Prompt →
For the entries below, how many lines contain the word "arith"? Reply with the number and nothing else.

[Saved data entries]
□ □ □

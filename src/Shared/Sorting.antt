-- ===== src/Shared/Sorting.antt =====
-- `slices.Sort` and its kin, at a string key, and `slices.Compact`.
use mathlib.Core.Path.{◌≡◌}
use mathlib.Core.Logic.{◌⊎◌, ◌↔◌, inl, inr}
use mathlib.Core.Bool.{true, false}
use mathlib.Core.List.{List, [], ◌∷◌}
use native.Mathlib.Omega.{arith}
use valmin.Shared.Tests.{if◌then◌else◌}
use valmin.Shared.Lists.{All, In, All-In, NoDup}
use valmin.Shared.Bytes.{
  Text, text_eq, text_lt, text_eq_iff, text_lt_trans, text_lt_total, text_lt_asym, text_lt_irrefl,
}

module _ {A : Type 0} (key : A → Text) where
  abbrev pub place : A → List A → List A
  place x [] = x ∷ []
  place x (y ∷ ys) =
      let rest = place x ys in if text_lt (key y) (key x) then y ∷ rest else x ∷ y ∷ ys

  abbrev pub sort_on : List A → List A
  sort_on [] = []
  sort_on (x ∷ xs) = place x (sort_on xs)

  -- No element stands in front of one with a smaller key.
  abbrev pub SortedOn : List A → Type 0
  SortedOn [] = Unit
  SortedOn (x ∷ xs) = All (λ y. text_lt (key y) (key x) ≡ false) xs × SortedOn xs

  pub In-place : (a x : A) (ys : List A) → In a (place x ys) → (a ≡ x) ⊎ In a ys
  In-place a x [] i = i
  In-place a x (y ∷ ys) i = ground (arith, In-place a x ys)

  pub place-In : (a x : A) (ys : List A) → (a ≡ x) ⊎ In a ys → In a (place x ys)
  place-In a x [] i = i
  place-In a x (y ∷ ys) i = ground (arith, place-In a x ys)

  In-sort_on : (a : A) (xs : List A) → In a (sort_on xs) → In a xs
  In-sort_on a [] i = i
  In-sort_on a (x ∷ xs) i = elim (In-place a x (sort_on xs) i) [
    | inl e ↦ inl e
    | inr j ↦ inr (In-sort_on a xs j)
  ]

  sort_on-In : (a : A) (xs : List A) → In a xs → In a (sort_on xs)
  sort_on-In a [] i = i
  sort_on-In a (x ∷ xs) (inl e) = place-In a x (sort_on xs) (inl e)
  sort_on-In a (x ∷ xs) (inr i) = place-In a x (sort_on xs) (inr (sort_on-In a xs i))

  -- Sorting keeps the elements.
  pub In-sort_on_iff : (a : A) (xs : List A) → In a (sort_on xs) ↔ In a xs
  In-sort_on_iff a xs = (In-sort_on a xs, sort_on-In a xs)

  place-NoDup : (x : A) (ys : List A) → ¬ In x ys → NoDup ys → NoDup (place x ys)
  place-NoDup x [] n d = (n, d)
  place-NoDup x (y ∷ ys) n d = ground (arith, place-NoDup x ys, In-place y x ys, n, d)

  pub sort_on-NoDup : (xs : List A) → NoDup xs → NoDup (sort_on xs)
  sort_on-NoDup [] d = d
  sort_on-NoDup (x ∷ xs) d =
      place-NoDup x (sort_on xs) (λ i. d.0 (In-sort_on x xs i)) (sort_on-NoDup xs d.1)

  All-place :
      (x y : A) (ys : List A)
      → text_lt (key x) (key y) ≡ false
      → All (λ z. text_lt (key z) (key y) ≡ false) ys
      → All (λ z. text_lt (key z) (key y) ≡ false) (place x ys)
  All-place x y [] h k = (h, k)
  All-place x y (z ∷ ys) h k = ground (arith, All-place x y ys h k.1)

  All-le_trans :
      (x y : A) (ys : List A)
      → text_lt (key y) (key x) ≡ false
      → All (λ z. text_lt (key z) (key y) ≡ false) ys
      → All (λ z. text_lt (key z) (key x) ≡ false) ys
  All-le_trans x y [] h k = tt
  All-le_trans x y (z ∷ ys) h k = (
    ground (
      arith,
      text_lt_trans (key y) (key z) (key x),
      text_lt_trans (key z) (key x) (key y),
      text_lt_total (key z) (key y),
      text_lt_total (key x) (key y),
      k.0,
    ),
    All-le_trans x y ys h k.1,
  )

  place-SortedOn : (x : A) (ys : List A) → SortedOn ys → SortedOn (place x ys)
  place-SortedOn x [] s = (tt, tt)
  place-SortedOn x (y ∷ ys) s = ground (
    arith,
    place-SortedOn x ys s.1,
    All-place x y ys,
    All-le_trans x y ys,
    text_lt_asym (key y) (key x),
  )

  pub sort_on-SortedOn : (xs : List A) → SortedOn (sort_on xs)
  sort_on-SortedOn [] = tt
  sort_on-SortedOn (x ∷ xs) = place-SortedOn x (sort_on xs) (sort_on-SortedOn xs)

abbrev pub self : Text → Text
self s = s

abbrev pub drop_equal : Text → List Text → List Text
drop_equal x [] = x ∷ []
drop_equal x (y ∷ ys) = if text_eq x y then y ∷ ys else x ∷ y ∷ ys

-- `slices.Compact`: of equal neighbours one is kept.
abbrev pub compact : List Text → List Text
compact [] = []
compact (x ∷ xs) = drop_equal x (compact xs)

In-drop_equal : (a x : Text) (ys : List Text) → In a (drop_equal x ys) → (a ≡ x) ⊎ In a ys
In-drop_equal a x [] i = i
In-drop_equal a x (y ∷ ys) i = ground (arith, text_eq_iff x y)

drop_equal-In : (a x : Text) (ys : List Text) → (a ≡ x) ⊎ In a ys → In a (drop_equal x ys)
drop_equal-In a x [] i = i
drop_equal-In a x (y ∷ ys) i = ground (arith, text_eq_iff x y)

In-compact : (a : Text) (xs : List Text) → In a (compact xs) → In a xs
In-compact a [] i = i
In-compact a (x ∷ xs) i = elim (In-drop_equal a x (compact xs) i) [
  | inl e ↦ inl e
  | inr j ↦ inr (In-compact a xs j)
]

compact-In : (a : Text) (xs : List Text) → In a xs → In a (compact xs)
compact-In a [] i = i
compact-In a (x ∷ xs) (inl e) = drop_equal-In a x (compact xs) (inl e)
compact-In a (x ∷ xs) (inr i) = drop_equal-In a x (compact xs) (inr (compact-In a xs i))

pub In-compact_iff : (a : Text) (xs : List Text) → In a (compact xs) ↔ In a xs
In-compact_iff a xs = (In-compact a xs, compact-In a xs)

abbrev pub Rising : List Text → Type 0
Rising [] = Unit
Rising (x ∷ xs) = All (λ y. text_lt x y ≡ true) xs × Rising xs

All-lt_trans :
    (x y : Text) (ys : List Text)
    → text_lt x y ≡ true
    → All (λ z. text_lt y z ≡ true) ys
    → All (λ z. text_lt x z ≡ true) ys
All-lt_trans x y [] h k = tt
All-lt_trans x y (z ∷ ys) h k = (text_lt_trans x y z h k.0, All-lt_trans x y ys h k.1)

drop_equal-Rising :
    (x : Text) (ys : List Text)
    → All (λ z. text_lt z x ≡ false) ys
    → Rising ys
    → Rising (drop_equal x ys)
drop_equal-Rising x [] h r = (tt, tt)
drop_equal-Rising x (y ∷ ys) h r =
    ground (arith, text_eq_iff x y, text_lt_total x y, All-lt_trans x y ys)

All-compact : (P : Text → Type 0) (xs : List Text) → All P xs → All P (compact xs)
All-compact P [] h = tt
All-compact P (x ∷ xs) h = All-drop_equal (compact xs) (All-compact P xs h.1)
  where
    All-drop_equal : (ys : List Text) → All P ys → All P (drop_equal x ys)
    All-drop_equal [] k = (h.0, tt)
    All-drop_equal (y ∷ ys) k =
        elim (text_eq x y) as (λ b. All P (if b then y ∷ ys else x ∷ y ∷ ys)) [
          | true ↦ k
          | false ↦ (h.0, k)
        ]

pub compact-Rising : (xs : List Text) → SortedOn self xs → Rising (compact xs)
compact-Rising [] s = tt
compact-Rising (x ∷ xs) s =
    drop_equal-Rising x (compact xs) (All-compact (λ z. text_lt z x ≡ false) xs s.0)
      (compact-Rising xs s.1)

Rising-NoDup : (xs : List Text) → Rising xs → NoDup xs
Rising-NoDup [] r = tt
Rising-NoDup (x ∷ xs) r =
    ((λ i. cc (All-In (λ y. text_lt x y ≡ true) x xs r.0 i, text_lt_irrefl x)), Rising-NoDup xs r.1)

-- What `slices.Sort` and `slices.Compact` leave holds no element twice.
pub compact-sort-NoDup : (xs : List Text) → NoDup (compact (sort_on self xs))
compact-sort-NoDup xs = Rising-NoDup _ (compact-Rising _ (sort_on-SortedOn self xs))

□ □ □

Answer for the task →
10